**Source records:**
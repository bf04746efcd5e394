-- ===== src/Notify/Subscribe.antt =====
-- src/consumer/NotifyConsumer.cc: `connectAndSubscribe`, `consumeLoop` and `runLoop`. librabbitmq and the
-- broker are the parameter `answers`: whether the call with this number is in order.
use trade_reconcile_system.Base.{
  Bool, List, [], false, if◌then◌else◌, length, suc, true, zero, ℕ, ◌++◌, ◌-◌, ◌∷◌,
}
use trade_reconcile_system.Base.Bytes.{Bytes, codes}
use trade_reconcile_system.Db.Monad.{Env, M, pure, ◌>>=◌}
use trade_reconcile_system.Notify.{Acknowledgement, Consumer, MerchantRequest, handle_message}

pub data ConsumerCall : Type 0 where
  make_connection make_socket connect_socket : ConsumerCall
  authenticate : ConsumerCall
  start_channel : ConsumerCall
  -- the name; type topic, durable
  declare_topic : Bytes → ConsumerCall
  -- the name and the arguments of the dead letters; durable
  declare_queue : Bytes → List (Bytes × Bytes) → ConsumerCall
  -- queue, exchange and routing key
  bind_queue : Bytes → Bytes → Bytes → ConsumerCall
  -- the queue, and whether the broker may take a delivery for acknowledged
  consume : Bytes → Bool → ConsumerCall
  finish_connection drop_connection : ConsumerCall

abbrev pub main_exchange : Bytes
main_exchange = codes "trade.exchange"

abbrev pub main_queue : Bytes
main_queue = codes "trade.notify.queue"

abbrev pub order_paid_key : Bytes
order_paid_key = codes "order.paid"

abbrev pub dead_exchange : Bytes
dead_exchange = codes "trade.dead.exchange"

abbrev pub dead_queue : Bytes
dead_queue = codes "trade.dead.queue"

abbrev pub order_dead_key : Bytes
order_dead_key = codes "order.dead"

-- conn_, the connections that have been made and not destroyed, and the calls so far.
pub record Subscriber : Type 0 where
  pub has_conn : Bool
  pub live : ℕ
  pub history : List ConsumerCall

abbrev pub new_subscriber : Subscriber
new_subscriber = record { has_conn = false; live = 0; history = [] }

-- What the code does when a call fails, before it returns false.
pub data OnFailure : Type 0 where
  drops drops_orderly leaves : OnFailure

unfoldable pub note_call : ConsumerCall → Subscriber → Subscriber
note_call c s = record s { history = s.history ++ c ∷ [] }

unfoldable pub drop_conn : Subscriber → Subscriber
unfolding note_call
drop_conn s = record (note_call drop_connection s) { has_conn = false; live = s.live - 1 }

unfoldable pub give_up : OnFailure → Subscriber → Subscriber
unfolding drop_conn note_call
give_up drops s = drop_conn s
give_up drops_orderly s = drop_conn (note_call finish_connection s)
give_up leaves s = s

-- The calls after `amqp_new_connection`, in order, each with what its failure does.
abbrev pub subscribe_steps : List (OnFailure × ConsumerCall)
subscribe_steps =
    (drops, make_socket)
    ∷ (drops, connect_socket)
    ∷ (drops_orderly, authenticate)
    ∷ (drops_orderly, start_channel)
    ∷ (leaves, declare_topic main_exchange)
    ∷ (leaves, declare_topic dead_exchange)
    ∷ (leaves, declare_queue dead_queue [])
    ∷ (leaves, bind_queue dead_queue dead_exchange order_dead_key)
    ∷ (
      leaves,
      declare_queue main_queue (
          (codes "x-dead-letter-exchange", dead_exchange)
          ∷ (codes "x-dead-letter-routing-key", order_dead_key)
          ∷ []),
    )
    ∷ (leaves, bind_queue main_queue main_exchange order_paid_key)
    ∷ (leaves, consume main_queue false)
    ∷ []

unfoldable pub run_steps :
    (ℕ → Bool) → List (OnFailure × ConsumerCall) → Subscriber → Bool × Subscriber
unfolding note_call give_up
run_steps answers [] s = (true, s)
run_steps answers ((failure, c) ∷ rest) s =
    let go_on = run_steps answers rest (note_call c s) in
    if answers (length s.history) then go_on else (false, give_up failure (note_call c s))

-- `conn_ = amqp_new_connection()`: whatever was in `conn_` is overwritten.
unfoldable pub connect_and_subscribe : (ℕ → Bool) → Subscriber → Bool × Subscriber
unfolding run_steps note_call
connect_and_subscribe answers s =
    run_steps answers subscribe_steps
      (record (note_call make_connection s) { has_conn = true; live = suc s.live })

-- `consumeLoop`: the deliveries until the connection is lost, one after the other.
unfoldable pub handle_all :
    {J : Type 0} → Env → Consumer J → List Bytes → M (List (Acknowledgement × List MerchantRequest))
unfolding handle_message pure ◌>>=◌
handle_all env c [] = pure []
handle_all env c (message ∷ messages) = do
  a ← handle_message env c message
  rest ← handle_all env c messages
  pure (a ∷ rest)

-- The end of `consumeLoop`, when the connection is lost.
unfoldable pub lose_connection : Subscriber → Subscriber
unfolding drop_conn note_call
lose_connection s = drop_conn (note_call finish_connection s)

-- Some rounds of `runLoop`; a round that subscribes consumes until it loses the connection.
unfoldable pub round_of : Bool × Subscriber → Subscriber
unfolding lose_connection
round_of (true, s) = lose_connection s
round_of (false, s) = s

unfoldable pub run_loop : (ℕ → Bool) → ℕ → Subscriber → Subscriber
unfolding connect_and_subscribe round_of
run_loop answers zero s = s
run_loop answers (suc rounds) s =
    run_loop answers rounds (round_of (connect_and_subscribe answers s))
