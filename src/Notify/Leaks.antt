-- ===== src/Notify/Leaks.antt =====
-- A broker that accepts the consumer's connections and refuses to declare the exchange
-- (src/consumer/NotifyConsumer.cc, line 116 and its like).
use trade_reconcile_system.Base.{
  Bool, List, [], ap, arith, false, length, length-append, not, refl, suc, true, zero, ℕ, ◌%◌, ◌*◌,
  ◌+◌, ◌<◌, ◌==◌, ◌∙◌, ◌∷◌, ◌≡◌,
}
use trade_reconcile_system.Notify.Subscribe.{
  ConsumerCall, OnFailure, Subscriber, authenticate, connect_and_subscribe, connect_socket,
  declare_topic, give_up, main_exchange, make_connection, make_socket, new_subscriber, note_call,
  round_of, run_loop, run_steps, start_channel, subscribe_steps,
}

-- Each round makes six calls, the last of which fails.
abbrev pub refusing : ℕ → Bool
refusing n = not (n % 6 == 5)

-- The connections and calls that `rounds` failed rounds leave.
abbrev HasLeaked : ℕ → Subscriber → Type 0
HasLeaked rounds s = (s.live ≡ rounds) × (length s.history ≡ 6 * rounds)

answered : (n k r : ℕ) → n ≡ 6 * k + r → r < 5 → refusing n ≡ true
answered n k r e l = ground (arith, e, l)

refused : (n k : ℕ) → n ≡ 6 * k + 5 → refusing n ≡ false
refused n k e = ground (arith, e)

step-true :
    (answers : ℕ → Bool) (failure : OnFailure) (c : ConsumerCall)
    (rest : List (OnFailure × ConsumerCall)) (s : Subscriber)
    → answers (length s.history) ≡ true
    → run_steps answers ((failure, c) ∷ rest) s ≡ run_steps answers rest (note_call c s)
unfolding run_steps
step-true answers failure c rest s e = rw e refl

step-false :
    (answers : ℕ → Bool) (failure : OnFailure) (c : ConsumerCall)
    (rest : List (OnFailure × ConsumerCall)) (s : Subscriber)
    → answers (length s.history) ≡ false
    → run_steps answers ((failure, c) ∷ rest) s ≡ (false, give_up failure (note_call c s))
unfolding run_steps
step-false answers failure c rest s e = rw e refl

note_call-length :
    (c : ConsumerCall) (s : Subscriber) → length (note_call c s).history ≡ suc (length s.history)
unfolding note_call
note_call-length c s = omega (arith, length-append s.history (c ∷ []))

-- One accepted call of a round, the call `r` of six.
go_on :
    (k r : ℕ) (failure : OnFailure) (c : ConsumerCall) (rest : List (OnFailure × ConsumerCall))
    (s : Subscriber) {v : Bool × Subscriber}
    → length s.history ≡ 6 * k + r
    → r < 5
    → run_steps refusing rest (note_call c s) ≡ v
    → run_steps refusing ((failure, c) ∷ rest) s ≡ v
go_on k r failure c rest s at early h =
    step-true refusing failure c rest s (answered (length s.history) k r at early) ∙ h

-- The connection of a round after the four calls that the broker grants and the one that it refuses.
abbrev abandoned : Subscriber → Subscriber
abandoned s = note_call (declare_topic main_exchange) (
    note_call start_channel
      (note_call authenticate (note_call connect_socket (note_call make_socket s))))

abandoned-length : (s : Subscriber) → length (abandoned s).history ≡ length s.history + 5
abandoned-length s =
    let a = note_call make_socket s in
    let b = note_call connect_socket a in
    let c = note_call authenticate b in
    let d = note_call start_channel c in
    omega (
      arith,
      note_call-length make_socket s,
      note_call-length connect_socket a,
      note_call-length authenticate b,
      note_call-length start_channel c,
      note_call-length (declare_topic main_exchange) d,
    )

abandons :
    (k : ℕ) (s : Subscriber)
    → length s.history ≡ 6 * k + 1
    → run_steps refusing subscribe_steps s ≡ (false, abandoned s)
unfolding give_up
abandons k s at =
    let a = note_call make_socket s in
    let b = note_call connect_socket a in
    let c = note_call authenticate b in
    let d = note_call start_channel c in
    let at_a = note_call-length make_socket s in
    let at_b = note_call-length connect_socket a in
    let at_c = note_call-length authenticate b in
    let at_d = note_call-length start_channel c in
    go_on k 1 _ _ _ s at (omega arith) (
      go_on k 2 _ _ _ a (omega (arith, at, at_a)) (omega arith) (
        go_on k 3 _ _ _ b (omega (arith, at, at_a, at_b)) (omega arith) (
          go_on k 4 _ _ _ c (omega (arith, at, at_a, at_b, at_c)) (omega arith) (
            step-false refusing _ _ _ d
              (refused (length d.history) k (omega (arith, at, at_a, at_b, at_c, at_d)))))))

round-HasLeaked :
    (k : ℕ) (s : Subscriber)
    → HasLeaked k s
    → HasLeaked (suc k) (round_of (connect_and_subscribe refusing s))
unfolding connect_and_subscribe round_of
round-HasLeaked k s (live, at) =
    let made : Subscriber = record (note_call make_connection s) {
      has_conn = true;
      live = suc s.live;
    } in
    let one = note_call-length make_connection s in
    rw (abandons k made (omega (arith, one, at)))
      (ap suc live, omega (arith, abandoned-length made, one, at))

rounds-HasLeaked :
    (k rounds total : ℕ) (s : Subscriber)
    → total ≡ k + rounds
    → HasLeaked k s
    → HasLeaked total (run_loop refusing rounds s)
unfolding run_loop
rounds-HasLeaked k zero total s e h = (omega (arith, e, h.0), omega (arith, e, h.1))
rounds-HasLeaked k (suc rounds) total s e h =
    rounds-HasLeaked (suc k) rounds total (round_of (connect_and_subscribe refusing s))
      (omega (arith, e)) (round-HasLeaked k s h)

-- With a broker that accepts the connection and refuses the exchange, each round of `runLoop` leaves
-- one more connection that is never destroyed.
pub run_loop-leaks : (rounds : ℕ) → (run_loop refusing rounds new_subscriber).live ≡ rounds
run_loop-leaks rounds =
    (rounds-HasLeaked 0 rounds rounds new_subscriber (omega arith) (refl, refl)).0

**Work task:** When the word "abbrev" occurs in a line above, list that line.

**Expected answer:**
abbrev pub main_exchange : Bytes
abbrev pub main_queue : Bytes
abbrev pub order_paid_key : Bytes
abbrev pub dead_exchange : Bytes
abbrev pub dead_queue : Bytes
abbrev pub order_dead_key : Bytes
abbrev pub new_subscriber : Subscriber
abbrev pub subscribe_steps : List (OnFailure × ConsumerCall)
abbrev pub refusing : ℕ → Bool
abbrev HasLeaked : ℕ → Subscriber → Type 0
abbrev abandoned : Subscriber → Subscriber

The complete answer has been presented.